EXERCISE REQUIREMENTS – Count every line below that contains "parted", then state the total with no other output.
[Opening DATA EXCERPTS section]
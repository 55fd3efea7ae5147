-- ===== src/Net/Ledger.antt =====
-- rsm/net.py: what becomes of each message that a network was given.
use mathlib.Core.List.{Perm, append_assoc, map-append, perm_middle}
use mathlib.Core.List.Perm
use replicated_state_machine.Prelude.{
  ℕ, ◌+◌, ◌≡◌, refl, sym, ap, subst, true, false, List, [], ◌∷◌, ◌++◌, map, length, length-append,
  leb, ltb, arith, Bool-cases, inl, inr,
}
use replicated_state_machine.Rpc.{Message}
use replicated_state_machine.Net.{
  InFlight, Network, idle, new_network, add, partition, heal, tick, landed_by, flying_at,
  message_of, fly, count_sent, drop_by_partition, drop_by_loss, record_message,
}
use replicated_state_machine.Net.Kept.{
  Made, made, added, parted, healed, accepted, refused, ticked, Made-IsNetwork, InOrder,
  send_outcome, sort-landed,
}

-- What a network was given, and what it has made of it.
pub record Accounted (arriving lost : List Message) (n : Network) : Type 0 where
  pub each_once : Perm (n.delivered ++ map message_of n.flight) arriving
  pub total : n.counts.sent ≡ length arriving + length lost
  pub drops : n.counts.dropped_by_loss + n.counts.dropped_by_partition ≡ length lost

abbrev messages : List InFlight → List Message
messages = map message_of

-- What lands and what flies on are the messages that were in flight.
Perm-landed-flying :
    (now : ℕ) (fl : List InFlight)
    → Perm (messages (landed_by now fl) ++ messages (flying_at now fl)) (messages fl)
Perm-landed-flying now [] = Perm.rfl
Perm-landed-flying now (one ∷ fl) =
    let rest = Perm-landed-flying now fl in
    elim (Bool-cases (leb one.due_at now)) [
      | inl due ↦
          let over : ltb now one.due_at ≡ false = ground arith in
          rw (due, over) (Perm.cons one.message rest)
      | inr not_due ↦
          let still : ltb now one.due_at ≡ true = ground arith in
          rw (not_due, still)
            (Perm.trans (perm_middle (messages (landed_by now fl)) _) (Perm.cons one.message rest))
    ]

Accounted-same :
    (arriving lost : List Message) (n : Network) (members : List ℕ) (sides : List (List ℕ))
    → Accounted arriving lost n
    → Accounted arriving lost (record n { members = members; sides = sides })
Accounted-same arriving lost n members sides a = record {
  each_once = a.each_once;
  total = a.total;
  drops = a.drops;
}

Accounted-fly :
    (arriving lost : List Message) (n : Network) (m : Message)
    → Accounted arriving lost n
    → Accounted (arriving ++ m ∷ []) lost (fly (count_sent n m) m)
unfolding record_message
Accounted-fly arriving lost n m a = record {
  each_once =
      rw
        (
          map-append message_of n.flight _,
          sym (append_assoc n.delivered (messages n.flight) (m ∷ [])),
        )
        (Perm.append_right (m ∷ []) a.each_once);
  total = omega (arith, a.total, length-append arriving (m ∷ []));
  drops = a.drops;
}

Accounted-refused :
    (arriving lost : List Message) (n : Network) (m : Message)
    → Accounted arriving lost n
    → Accounted arriving (lost ++ m ∷ []) (drop_by_partition (count_sent n m))
      × Accounted arriving (lost ++ m ∷ []) (drop_by_loss (count_sent n m))
unfolding record_message
Accounted-refused arriving lost n m a = (
  record {
    each_once = a.each_once;
    total = omega (arith, a.total, length-append lost (m ∷ []));
    drops = omega (arith, a.drops, length-append lost (m ∷ []));
  },
  record {
    each_once = a.each_once;
    total = omega (arith, a.total, length-append lost (m ∷ []));
    drops = omega (arith, a.drops, length-append lost (m ∷ []));
  },
)

Accounted-tick :
    (arriving lost : List Message) (n : Network)
    → InOrder n.flight
    → Accounted arriving lost n
    → Accounted arriving lost (tick n).0
unfolding tick
Accounted-tick arriving lost n in_order a = record {
  each_once =
      rw
        (
          sort-landed (n.now + 1) n.flight in_order,
          append_assoc n.delivered (messages (landed_by (n.now + 1) n.flight))
              (messages (flying_at (n.now + 1) n.flight)),
        )
        (Perm.trans (Perm.append_left n.delivered (Perm-landed-flying (n.now + 1) n.flight))
          a.each_once);
  total = a.total;
  drops = a.drops;
}

-- Every call keeps the account.
Made-Accounted :
    {arriving lost : List Message} {n : Network} → Made arriving lost n → Accounted arriving lost n
unfolding new_network add partition heal
Made-Accounted (made members random chance c {n} h) =
    let e : idle members random chance c ≡ n = ground arith in
    subst (Accounted [] []) e (record { each_once = Perm.rfl; total = refl; drops = refl })
Made-Accounted {arriving} {lost} (added {n = n} {m = m} name r h) =
    let e : record n { members = n.members ++ name ∷ [] } ≡ m = ground arith in
    subst (Accounted arriving lost) e
      (Accounted-same arriving lost n (n.members ++ name ∷ []) n.sides (Made-Accounted r))
Made-Accounted {arriving} {lost} (parted {n = n} {m = m} sides r h) =
    let e : record n { sides = sides } ≡ m = ground arith in
    subst (Accounted arriving lost) e
      (Accounted-same arriving lost n n.members sides (Made-Accounted r))
Made-Accounted {arriving} {lost} (healed {n = n} r) =
    Accounted-same arriving lost n n.members [] (Made-Accounted r)
Made-Accounted (accepted {arriving = arriving} {lost = lost} {n = n} {m = m} message r h) =
    let next = Accounted-fly arriving lost n message (Made-Accounted r) in
    elim (send_outcome n message h) [
      | inl e ↦ absurd (cc (ap (λ o. o.1) e))
      | inr (inl e) ↦ absurd (cc (ap (λ o. o.1) e))
      | inr (inr e) ↦ subst (Accounted (arriving ++ message ∷ []) lost) (sym (ap (λ o. o.0) e)) next
    ]
Made-Accounted (refused {arriving = arriving} {lost = lost} {n = n} {m = m} message r h) =
    let (cut, dropped) = Accounted-refused arriving lost n message (Made-Accounted r) in
    elim (send_outcome n message h) [
      | inl e ↦ subst (Accounted arriving (lost ++ message ∷ [])) (sym (ap (λ o. o.0) e)) cut
      | inr (inl e) ↦
          subst (Accounted arriving (lost ++ message ∷ [])) (sym (ap (λ o. o.0) e)) dropped
      | inr (inr e) ↦ absurd (cc (ap (λ o. o.1) e))
    ]
Made-Accounted {arriving} {lost} (ticked {n = n} r) =
    Accounted-tick arriving lost n (Made-IsNetwork r).in_order (Made-Accounted r)

-- In every network that can be made, the messages delivered and those in flight are together, each as
-- often as it was sent, the messages for which `send` answered that they will arrive. The count of
-- messages sent is of these and the others, the two counts of dropped messages are of the others, the
-- count of messages delivered is of those delivered, and the messages in flight are in send order.
pub conserved :
    {arriving lost : List Message} {n : Network}
    → Made arriving lost n
    → Accounted arriving lost n × InOrder n.flight × (n.counts.delivered ≡ length n.delivered)
conserved r = let h = Made-IsNetwork r in (Made-Accounted r, h.in_order, sym h.logged)
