-- ===== src/Net/Sides.antt =====
-- rsm/net.py: a partition cuts both ways, and cuts no node from itself.
use replicated_state_machine.Prelude.{
  ℕ, ◌≡◌, refl, sym, ◌∙◌, true, false, List, [], ◌∷◌, ◌++◌, elem, ◌==◌, arith, Bool-cases, inl, inr,
  subst, ==→eq,
}
use replicated_state_machine.Errors.{ok}
use replicated_state_machine.Node.State.{distinct}
use replicated_state_machine.Net.{Network, same_side, reachable, all_named, all_in, partition}

elem-append_left : (x : ℕ) (xs ys : List ℕ) → elem x xs ≡ true → elem x (xs ++ ys) ≡ true
elem-append_left x [] ys h = cc
elem-append_left x (y ∷ xs) ys h = ground (arith, elem-append_left x xs ys)

elem-append_right : (x : ℕ) (xs ys : List ℕ) → elem x ys ≡ true → elem x (xs ++ ys) ≡ true
elem-append_right x [] ys h = h
elem-append_right x (y ∷ xs) ys h = ground (arith, elem-append_right x xs ys)

elem-append_other :
    (x : ℕ) (xs ys : List ℕ) → elem x (xs ++ ys) ≡ true → elem x xs ≡ false → elem x ys ≡ true
elem-append_other x [] ys h e = h
elem-append_other x (y ∷ xs) ys h e = elem-append_other x xs ys (ground arith) (ground arith)

distinct-append_right : (xs ys : List ℕ) → distinct (xs ++ ys) ≡ true → distinct ys ≡ true
distinct-append_right [] ys h = h
distinct-append_right (x ∷ xs) ys h = distinct-append_right xs ys (ground arith)

-- A name on one side is on no other.
distinct-append_apart :
    (x : ℕ) (xs ys : List ℕ) → distinct (xs ++ ys) ≡ true → elem x xs ≡ true → elem x ys ≡ false
distinct-append_apart x [] ys d h = absurd (cc)
distinct-append_apart x (y ∷ xs) ys d h = elim (Bool-cases (elem x ys)) [
  | inr e ↦ e
  | inl e ↦ absurd (ground (arith, elem-append_right x xs ys e, distinct-append_apart x xs ys))
]

same_side-named :
    (sides : List (List ℕ)) (a b : ℕ) → same_side sides a b ≡ true → elem b (all_named sides) ≡ true
same_side-named [] a b h = absurd (cc)
same_side-named (side ∷ sides) a b h = elim (Bool-cases (elem a side)) [
  | inl e ↦ elem-append_left b side (all_named sides) (simp e at h)
  | inr e ↦ elem-append_right b side (all_named sides) (same_side-named sides a b (simp e at h))
]

same_side-sym :
    (sides : List (List ℕ)) (a b : ℕ)
    → distinct (all_named sides) ≡ true
    → same_side sides a b ≡ true
    → same_side sides b a ≡ true
same_side-sym [] a b d h = absurd (cc)
same_side-sym (side ∷ sides) a b d h = elim (Bool-cases (elem a side)) [
  | inl e ↦ let f : elem b side ≡ true = simp e at h in rw (f, e) refl
  | inr e ↦
      let rest : same_side sides a b ≡ true = simp e at h in
      let back = same_side-sym sides a b (distinct-append_right side (all_named sides) d) rest in
      elim (Bool-cases (elem b side)) [
        | inr f ↦ rw f back
        | inl f ↦
            let apart = distinct-append_apart b side (all_named sides) d f in
            let named = same_side-named sides a b rest in absurd (cc)
      ]
]

same_side_refl :
    (sides : List (List ℕ)) (a : ℕ) → elem a (all_named sides) ≡ true → same_side sides a a ≡ true
same_side_refl [] a h = absurd (cc)
same_side_refl (side ∷ sides) a h = elim (Bool-cases (elem a side)) [
  | inl e ↦ rw e refl
  | inr e ↦ rw e (same_side_refl sides a (elem-append_other a side (all_named sides) h e))
]

all_in-elem :
    (xs names : List ℕ) (a : ℕ) → all_in xs names ≡ true → elem a xs ≡ true → elem a names ≡ true
all_in-elem [] names a h e = absurd (cc)
all_in-elem (x ∷ xs) names a h e = elim (Bool-cases (a == x)) [
  | inl here ↦ subst (λ y. elem y names ≡ true) (sym (==→eq a x here)) (ground arith)
  | inr there ↦ all_in-elem xs names a (ground arith) (ground arith)
]

same_side-both :
    (sides : List (List ℕ)) (a b : ℕ)
    → distinct (all_named sides) ≡ true
    → same_side sides a b ≡ same_side sides b a
same_side-both sides a b d = elim (Bool-cases (same_side sides a b)) [
  | inl e ↦ e ∙ sym (same_side-sym sides a b d e)
  | inr e ↦ elim (Bool-cases (same_side sides b a)) [
    | inr f ↦ e ∙ sym f
    | inl f ↦ let g = same_side-sym sides b a d f in absurd (cc)
  ]
]

reachable-both :
    (n : Network) (sides : List (List ℕ)) (a b : ℕ)
    → distinct (all_named sides) ≡ true
    → elem a (all_named sides) ≡ true
    → (reachable (record n { sides = sides }) a a ≡ true)
      × (reachable (record n { sides = sides }) a b ≡ reachable (record n { sides = sides }) b a)
unfolding reachable
reachable-both n [] a b d e = (refl, refl)
reachable-both n (side ∷ sides) a b d e =
    (same_side_refl (side ∷ sides) a e, same_side-both (side ∷ sides) a b d)

-- After a partition that was accepted, a member reaches itself, and two nodes reach each other or
-- neither reaches the other.
pub partition_cuts :
    (n : Network) (sides : List (List ℕ)) {m : Network} (a b : ℕ)
    → partition n sides ≡ ok m
    → elem a n.members ≡ true
    → (reachable m a a ≡ true) × (reachable m a b ≡ reachable m b a)
unfolding partition
partition_cuts n sides {m} a b h e =
    let made : record n { sides = sides } ≡ m = ground arith in
    let d : distinct (all_named sides) ≡ true = ground arith in
    let all : all_in n.members (all_named sides) ≡ true = ground arith in
    subst (λ (k : Network). (reachable k a a ≡ true) × (reachable k a b ≡ reachable k b a)) made
      (reachable-both n sides a b d (all_in-elem n.members (all_named sides) a all e))
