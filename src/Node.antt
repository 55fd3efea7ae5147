-- ===== src/Node.antt =====
-- rsm/node.py: one node of the cluster.
pub mod State
pub mod Replicate
pub mod Commit
pub mod Roles
pub mod Follower
pub mod Leader
pub mod Step
pub mod Frame
pub mod Election
pub mod Entries
pub mod Append
pub mod Raises
pub mod Committing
[Closing DATA EXCERPTS section]
EXERCISE RESULT – 2